*Exercise instructions*.
The records follow. Print, word for word, the first line through the "-- tap_aggregator/src/main.rs), as" line.

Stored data
========

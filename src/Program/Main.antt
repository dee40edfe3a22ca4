-- ===== src/Program/Main.antt =====
-- What the aggregator's program does from its start to its end (`main` of
-- tap_aggregator/src/main.rs), as long as the server of the metrics, which runs beside it, does not
-- end in a panic: that ends the process at once (Program/Exporter).
use timeline_aggregation_pro.Base.{Result}
use timeline_aggregation_pro.Core.Primitives.{Ecdsa}
use timeline_aggregation_pro.Core.Action.{lift, pure, ◌>>=◌, ◌>>◌}
use timeline_aggregation_pro.Server.Listen.{
  Failure, SignalKind, interrupt, terminate, spawn_metrics, listen_for, stop_server, await_stopped,
  JsonRpsee, Program, tell, run_server,
}
use timeline_aggregation_pro.Program.{Args, Parsers, create_eip712_domain, accepted_signers}

-- What registering for a signal and stopping the server come to.
pub record Host : Type 0 where
  pub signal : SignalKind → Result Failure (Unit {0})
  pub stop : Result Failure (Unit {0})

-- `main` from the first signal on.
unfoldable pub shut_down : Host → Program (Unit {0})
shut_down host = do tell stop_server; lift host.stop; tell await_stopped

module _ (ecdsa : Ecdsa) (parsers : Parsers) {SocketAddr : Type 0}
    (jsonrpsee : JsonRpsee SocketAddr) (host : Host) where
  -- `main` up to where it waits for a signal.
  unfoldable pub start_up : Args → Program SocketAddr
  start_up args = do
    tell (spawn_metrics args.metrics_port)
    wallet ← lift (parsers.wallet_from_str args.private_key)
    domain_separator ← lift (create_eip712_domain parsers args)
    let accepted_addresses = accepted_signers (ecdsa.address wallet) args.public_keys
    addr ←
        run_server jsonrpsee args.port wallet accepted_addresses domain_separator
          args.max_request_body_size args.max_response_body_size args.max_connections
    tell (listen_for interrupt)
    lift (host.signal interrupt)
    tell (listen_for terminate)
    lift (host.signal terminate)
    pure addr

  -- `main`, of which a first signal is received.
  unfoldable pub main : Args → Program (Unit {0})
  main args = start_up args >> shut_down host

========

*Exercise output*.
filename src/Program/Main.antt
repository dee40edfe3a22ca4
-- ===== src/Program/Main.antt =====
-- What the aggregator's program does from its start to its end (`main` of
-- tap_aggregator/src/main.rs), as long as the server of the metrics, which runs beside it, does not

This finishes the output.